The draft bill is limited to insureds in New Jersey with fewer than 100 full-time employees, and the forced coverage would still be subject to policy limits. The draft bill also includes a provision that would allow liable insurers to petition the Commissioner of Banking and Insurance for partial reimbursement collected from other insurers in the state that did not issue business interruption coverage. 

Bill A-3844 was passed out of committee on March 16, but was pulled from consideration before being presented to the full assembly.  However, its passage is reportedly still very much a possibility. If the bill is passed, it would face significant legal challenges, including challenges to its constitutionality based on the Contracts Clause — U.S. Const. art. 1, § 10. 
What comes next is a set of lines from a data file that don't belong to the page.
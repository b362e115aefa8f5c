-- ===== src/Platform/Ports/Table.antt =====
-- The table that `usbip port` prints, and the port that `find_usbip_port` finds in it.
use canokey_usbip.Prelude.{
  ◌≡◌, refl, ap, sym, ◌∙◌, ℕ, ◌+◌, ◌/◌, ◌%◌, ◌<◌, String, true, false, Option, none, some, List, [],
  ◌∷◌, ◌++◌, map, arith, eqb, is_some, show, Bool-cases, inl, inr, if◌then◌else◌,
}
use canokey_usbip.Platform.Ports.Lines.{is_plain, starts_line, blocks-plain, find_header-plain}
use mathlib.Core.List.{append-nil}
use canokey_usbip.Text.Strip.{is_space}
use canokey_usbip.Text.Match.{codes, is_digit, strip_prefix, span, decimal}
use canokey_usbip.Platform.Ports.{
  some_of, colon, header, blocks, find_header, names_device, first_port, parse_ports,
}

-- A port and what is printed of it, behind the colon.
pub record Entry : Type 0 where
  pub number : ℕ
  pub body : List ℕ

-- The number has at most two digits, no line of the body starts with P, and the last one is whole.
abbrev pub IsEntry : Entry → Type 0
IsEntry e = (e.number < 100) × (is_plain false e.body ≡ true) × (starts_line false e.body ≡ true)

abbrev high : ℕ → ℕ
high n = 48 + n / 10

abbrev low : ℕ → ℕ
low n = 48 + n % 10

-- Behind the first letter.
abbrev behind : Entry → List ℕ
behind e = codes "ort " ++ (high e.number ∷ low e.number ∷ b':' ∷ e.body)

-- "Port %02d:", and the body.
abbrev pub entry_text : Entry → List ℕ
entry_text e = b'P' ∷ behind e

module _ (n : ℕ) (h : n < 100) where
  high-is_digit : is_digit (high n) ≡ true
  high-is_digit = ground arith

  high-is_space : is_space (high n) ≡ false
  high-is_space = ground arith

  high-in_line : eqb (high n) b'\n' ≡ false
  high-in_line = ground arith

  low-is_digit : is_digit (low n) ≡ true
  low-is_digit = ground arith

  low-in_line : eqb (low n) b'\n' ≡ false
  low-in_line = ground arith

header-entry :
    (e : Entry) (rest : List ℕ) → e.number < 100 → header (entry_text e ++ rest) ≡ some e.number
unfolding header strip_prefix span some_of colon decimal
header-entry e rest h =
    rw (high-is_space e.number h, high-is_digit e.number h, low-is_digit e.number h)
      (ap some (omega arith))

is_plain-in_line :
    (c : ℕ) (s : List ℕ) → eqb c b'\n' ≡ false → is_plain false (c ∷ s) ≡ is_plain false s
unfolding is_plain
is_plain-in_line c s h = ap (λ b. is_plain b s) h

is_plain-behind : (e : Entry) → IsEntry e → is_plain false (behind e) ≡ true
unfolding is_plain
is_plain-behind e (h, plain, whole) =
    is_plain-in_line (high e.number) (low e.number ∷ b':' ∷ e.body) (high-in_line e.number h)
    ∙ is_plain-in_line (low e.number) (b':' ∷ e.body) (low-in_line e.number h)
    ∙ plain

-- An entry is a block of its own.
blocks-header :
    (block text : List ℕ)
    → is_some (header (b'P' ∷ text)) ≡ true
    → blocks true block (b'P' ∷ text) ≡ block ∷ blocks false (b'P' ∷ []) text
unfolding blocks
blocks-header block text h = rw (blocks, h) refl

blocks-entry :
    (e : Entry) (block rest : List ℕ)
    → IsEntry e
    → blocks true block (entry_text e ++ rest) ≡ block ∷ blocks true (entry_text e) rest
unfolding starts_line
blocks-entry e block rest w =
    blocks-header block (behind e ++ rest) (rw (header-entry e rest w.0) refl)
    ∙ ap (λ bs. block ∷ bs)
        (blocks-plain false (b'P' ∷ []) (behind e) rest (is_plain-behind e w)
          ∙ ap (λ b. blocks b (entry_text e) rest) w.2)

-- What is printed of the ports, in order.
unfoldable pub table_text : List Entry → List ℕ
table_text [] = []
table_text (e ∷ es) = entry_text e ++ table_text es

abbrev pub AreEntries : List Entry → Type 0
AreEntries [] = Unit
AreEntries (e ∷ es) = IsEntry e × AreEntries es

abbrev entry_texts : List Entry → List (List ℕ)
entry_texts = map entry_text

blocks-table :
    (es : List Entry) (block : List ℕ)
    → AreEntries es
    → blocks true block (table_text es) ≡ block ∷ entry_texts es
unfolding table_text blocks
blocks-table [] block w = refl
blocks-table (e ∷ es) block (w, ws) =
    blocks-entry e block (table_text es) w
    ∙ ap (λ bs. block ∷ bs) (blocks-table es (entry_text e) ws)

-- The first port whose text names the device.
unfoldable pub first_named : String → List Entry → Option String
first_named identity [] = none
first_named identity (e ∷ es) =
    if names_device identity (entry_text e) then some (show e.number) else first_named identity es

find_header-here :
    (c : ℕ) (s : List ℕ) (n : ℕ) → header (c ∷ s) ≡ some n → find_header true (c ∷ s) ≡ some n
unfolding find_header
find_header-here c s n h = rw (find_header, h) refl

find_header-entry : (e : Entry) → e.number < 100 → find_header true (entry_text e) ≡ some e.number
unfolding find_header
find_header-entry e h =
    let found : header (entry_text e) ≡ some e.number =
      ap header (sym (append-nil (entry_text e))) ∙ header-entry e [] h in
    find_header-here _ (behind e) e.number found

first_port-entries :
    (identity : String) (es : List Entry)
    → AreEntries es
    → first_port identity (entry_texts es) ≡ first_named identity es
unfolding first_port first_named
first_port-entries identity [] w = refl
first_port-entries identity (e ∷ es) (w, ws) =
    rw (find_header-entry e w.0, first_port-entries identity es ws) refl

first_port-plain :
    (identity : String) (before : List ℕ) (bs : List (List ℕ))
    → is_plain true before ≡ true
    → first_port identity (before ∷ bs) ≡ first_port identity bs
unfolding first_port
first_port-plain identity before bs h = elim (Bool-cases (names_device identity before)) [
  | inl named ↦ rw (named, find_header-plain true before h) refl
  | inr unnamed ↦ rw unnamed refl
]

-- Where the output of usbip port is whole lines none of which starts with P, and then one entry for
-- each port, with a number below 100 in two digits and a body of whole lines none of which starts
-- with P, parse_ports finds the number of the first entry whose text names the device.
pub parse_ports-table :
    (identity output : String) (before : List ℕ) (es : List Entry)
    → is_plain true before ≡ true
    → starts_line true before ≡ true
    → AreEntries es
    → codes output ≡ before ++ table_text es
    → parse_ports identity output ≡ first_named identity es
unfolding parse_ports
parse_ports-table identity output before es plain whole ws printed =
    ap (λ text. first_port identity (blocks true [] text)) printed
    ∙ ap (first_port identity) (blocks-plain true [] before (table_text es) plain)
    ∙ ap (λ b. first_port identity (blocks b before (table_text es))) whole
    ∙ ap (first_port identity) (blocks-table es before ws)
    ∙ first_port-plain identity before (entry_texts es) plain
    ∙ first_port-entries identity es ws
While no other state has taken any measure as extreme as the draft bill in New Jersey, it is possible other states will seek to influence whether insurers provide coverage for claims relating to COVID-19.  For example, on March 10, 2020, the New York Department of Financial Services mandated that property casualty insurers provide to the Department “certain information regarding the commercial property insurance it has written in New York and details on the business interruption coverage provided in the types of policies for which it has ongoing exposure,” and to also provide this same information to their policyholders. Several observers have noted this move could be a precursor to a draft bill similar to NJ A-3844 being introduced in New York.

The legal and political landscape relating to these issues is continuing to develop. Dinsmore attorneys are keeping apprised of these developments, and are advising clients on these issues and others related to COVID-19.